Both the IMpower150 and the IMpower130 studies, which permitted the participation of patients with EGFR-mutant and ALK-positive tumors previously treated with an appropriate TKI, suggest that after TKIs, a combination of platinum-based chemotherapy, immunotherapy and an angiogenic agent may offer effective immunomodulation. In addition, two dedicated studies are ongoing to examine the role of immunotherapy for the treatment of EGFR-mutant NSCLC after progression on an EGFR TKI: the CheckMate 772 study, comparing chemotherapy alone versus chemotherapy plus nivolumab versus nivolumab plus ipilimumab; and the KEYNOTE-789 study, of chemotherapy alone or in combination with pembrolizumab. Furthermore, when transitioning from a highly potent third-generation EGFR TKI (such as osimertinib) to a PD-1/PD-L1 antibody, it is important to recommend an appropriate washout period of at least five half-lives to avoid the potential increase in risk of interstitial lung disease (43).

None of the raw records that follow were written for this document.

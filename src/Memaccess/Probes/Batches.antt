-- ===== src/Memaccess/Probes/Batches.antt =====
-- What `cachefence` of OptaneStudy/src/memaccess.c leaves durable: its flushes reach each line that
-- its stores have dirtied, and its fences complete them.
use rw_sep.Prelude.{
  ltb, ◌==◌, Bool-cases, refl, ℕ, zero, suc, ◌+◌, ◌-◌, ◌*◌, ◌/◌, ◌^◌, ◌≤◌, ◌<◌, some, [], ◌∷◌, ◌≡◌,
  ◌≢◌, ◌⊎◌, inl, inr, concat_upto, arith,
}
use native.Mathlib.Nat.{mul_assoc}
use rw_sep.Machine.{Event, Cpu}
use rw_sep.Machine.Persist.{
  Status, Lines, line, flush_line, effects, effects-append, NoDirty, Durable,
}
use rw_sep.Memaccess.Advance.{store_line}
use rw_sep.Memaccess.Rounds.{pieces}
use rw_sep.Machine.Faults.{IsAligned}
use rw_sep.Memaccess.Durable.{
  Tidy, Tidy-concat_upto, Settles, Settles-append, Settles-concat_upto, settled,
}
use rw_sep.Memaccess.Probes.{cachefence}
use rw_sep.Memaccess.Probes.Flushes.{clwb_line, batch, span}
use rw_sep.Memaccess.Probes.Fences.{batches, group_span, group, cachefence-Traces}

-- The stores dirty only the lines that they cover.
stores_outside :
    (k p : ℕ) (ls : Lines) (x : ℕ)
    → IsAligned p
    → (x < line p) ⊎ (line p + k ≤ x)
    → effects (concat_upto (λ j. store_line (p + 64 * j)) k) ls x ≡ ls x
unfolding effects concat_upto
stores_outside zero p ls x al out = refl
stores_outside (suc k) p ls x al out =
    let before = stores_outside k p ls x al (ground arith) in
    rw effects-append (ground (arith, before))

flush_line-NotDirty :
    (a : ℕ) (ls : Lines) (x : ℕ)
    → (ls x ≢ Status.dirty) ⊎ (line a ≡ x)
    → flush_line a ls x ≢ Status.dirty
flush_line-NotDirty a ls x h = ground arith

-- The flushes leave a line that is not dirty, and any that they reach, not dirty.
flushes_inside :
    (k p : ℕ) (ls : Lines) (x : ℕ)
    → IsAligned p
    → (ls x ≢ Status.dirty) ⊎ ((line p ≤ x) × (x < line p + k))
    → effects (concat_upto (λ j. clwb_line (p + 64 * j)) k) ls x ≢ Status.dirty
unfolding effects concat_upto
flushes_inside zero p ls x al (inl h) = h
flushes_inside zero p ls x al (inr h) = absurd (omega arith)
flushes_inside (suc k) p ls x al h =
    let ls' = effects (concat_upto (λ j. clwb_line (p + 64 * j)) k) ls in
    rw effects-append (
      flush_line-NotDirty (p + 64 * k) ls' x (elim h [
        | inl clean ↦ inl (flushes_inside k p ls x al (inl clean))
        | inr (from, to) ↦ elim (Bool-cases (x == line p + k)) [
          | inl last ↦ inr (ground arith)
          | inr other ↦ inl (flushes_inside k p ls x al (inr (from, ground arith)))
        ]
      ]))

batch-Tidy : (k p : ℕ) → IsAligned p → Tidy (batch k p)
batch-Tidy k p al ls h x = rw effects-append (
    flushes_inside k p (effects (concat_upto (λ j. store_line (p + 64 * j)) k) ls) x al
      (elim (Bool-cases (ltb x (line p))) [
        | inl below ↦ inl (rw (stores_outside k p ls x al (inl (ground arith))) (h x))
        | inr other ↦ elim (Bool-cases (ltb x (line p + k))) [
          | inl inside ↦ inr (ground arith, ground arith)
          | inr above ↦ inl (rw (stores_outside k p ls x al (inr (ground arith))) (h x))
        ]
      ]))

sfence-Durable : (ls : Lines) → NoDirty ls → Durable (effects (Event.sfence ∷ []) ls)
unfolding effects
sfence-Durable ls h x = ground (arith, h x)

multiple-IsAligned : (p k i : ℕ) → IsAligned p → IsAligned (p + 64 * k * i)
multiple-IsAligned p k i al = rw (mul_assoc 64 k i) (omega arith)

-- Batches begin at multiples of 64 bytes, and groups do.
span-IsAligned : (cache p i : ℕ) → IsAligned p → IsAligned (p + span cache * i)
span-IsAligned cache p i al = multiple-IsAligned p (pieces cache) i al

group_span-IsAligned :
    (cache fence p i : ℕ) → IsAligned p → IsAligned (p + group_span cache fence * i)
group_span-IsAligned cache fence p i al =
    rw (mul_assoc 64 (pieces cache) (batches cache fence))
      (multiple-IsAligned p (pieces cache * batches cache fence) i al)

group-Settles : (cache fence p : ℕ) → IsAligned p → Settles (group cache fence p)
group-Settles cache fence p al =
    Settles-append
      (concat_upto (λ i. batch (pieces cache) (p + span cache * i)) (batches cache fence))
      (Event.sfence ∷ [])
      (Tidy-concat_upto (λ i. batch (pieces cache) (p + span cache * i)) (batches cache fence)
        (λ i. batch-Tidy (pieces cache) (p + span cache * i) (span-IsAligned cache p i al)))
      sfence-Durable

-- With start_addr a multiple of 64, lengths above 0, room for them below 2 ^ 63, and fuel above
-- each: if no line was dirty before, every line is durable when `cachefence` returns, and it
-- returns.
pub cachefence-Durable :
    (fuel start_addr size cache fence : ℕ) (c : Cpu) (ls : Lines)
    → IsAligned start_addr
    → 0 < size
    → 0 < cache
    → 0 < fence
    → size < fuel
    → cache < fuel
    → fence < fuel
    → start_addr + size + 2 * fence + 3 * cache + 192 ≤ 2 ^ 63
    → NoDirty (effects c.trace ls)
    → (c' : Cpu) × (cachefence fuel start_addr size cache fence c ≡ some c')
      × Durable (effects c'.trace ls)
cachefence-Durable fuel start_addr size cache fence c ls al some_size some_cache some_fence
      size_fuel cache_fuel fence_fuel fits no_dirty =
    let step = group_span cache fence in
    let (c', returns, traced) =
      cachefence-Traces fuel start_addr cache some_cache cache_fuel fence some_fence fence_fuel size
        c some_size size_fuel fits in
    (
      c',
      returns,
      settled c.trace c'.trace _ ls traced
          (Settles-concat_upto (λ i. group cache fence (start_addr + step * i)) ((size - 1) / step)
            (λ i.
              group-Settles cache fence (start_addr + step * i)
                (group_span-IsAligned cache fence start_addr i al)))
          no_dirty,
    )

In newly diagnosed patients with metastatic NSCLC without TKI-sensitizing alterations, PD-L1 protein expression by IHC and TMB may help to identify the subset of patients with metastatic NSCLC for whom the use of chemotherapy can be spared. For the patients with tumor PD-L1 expression of at least 50% and for those classified as TMB-high, pembrolizumab alone and nivolumab plus ipilimumab could be considered as treatment options.

For TKI-pretreated patients with EGFR- or ALK-sensitizing alterations, data from the IMpower150 study suggested a median PFS and OS advantage for the ACPB regimen for (20), but this advantage was not seen in the IMpower130 study using ACnP without bevacizumab, suggesting an immunomodulatory role for bevacizumab. However, additional prospective evidence is needed to confirm this benefit of the ACPB regimen in this subgroup. At this time, chemotherapy remains the preferred therapy for the patients with EGFR/ALK-positive NSCLC who have exhausted their TKI options. When to add PD-1/PD-L1 inhibitors to standard chemotherapy remains an area of debate and further investigation is warranted to evaluate the immunotherapies for this population.

For the patients with nonsquamous histology, the results from three randomized studies showed that the addition of a PD-1/PD-L1 checkpoint inhibitor to standard chemotherapy is superior to standard chemotherapy alone. On this basis, three regimens, that is, platinum plus pemetrexed plus pembrolizumab (KEYNOTE-189), carboplatin plus paclitaxel plus bevacizumab plus atezolizumab (IMpower150), and carboplatin plus nab-paclitaxel plus atezolizumab (IMpower130) can be considered new standard-of-care first-line treatments for previously untreated patients with nonsquamous metastatic NSCLC. Of these, a platinum plus pemetrexed plus pembrolizumab regimen may be favored owing to its better toxicity profile and tolerability for the chemotherapy element of the regimen, together with a larger PFS and OS benefit. More controversial, and requiring prospective confirmation, is the highlighted survival benefit in patients with liver metastases in the IMpower150 study's ACPB arm. Indeed, no comparable subgroup was analyzed for pembrolizumab plus chemotherapy in KEYNOTE-189 and those differences were not found in the IMpower130 study comparing carboplatin plus nab-paclitaxel with or without atezolizumab, or in the IMpower132 study comparing platinum plus pemetrexed with or without atezolizumab, which failed to meet its coprimary endpoint of improved OS. This again suggests that bevacizumab may be a key contributor to immunomodulation in patients with liver metastasis.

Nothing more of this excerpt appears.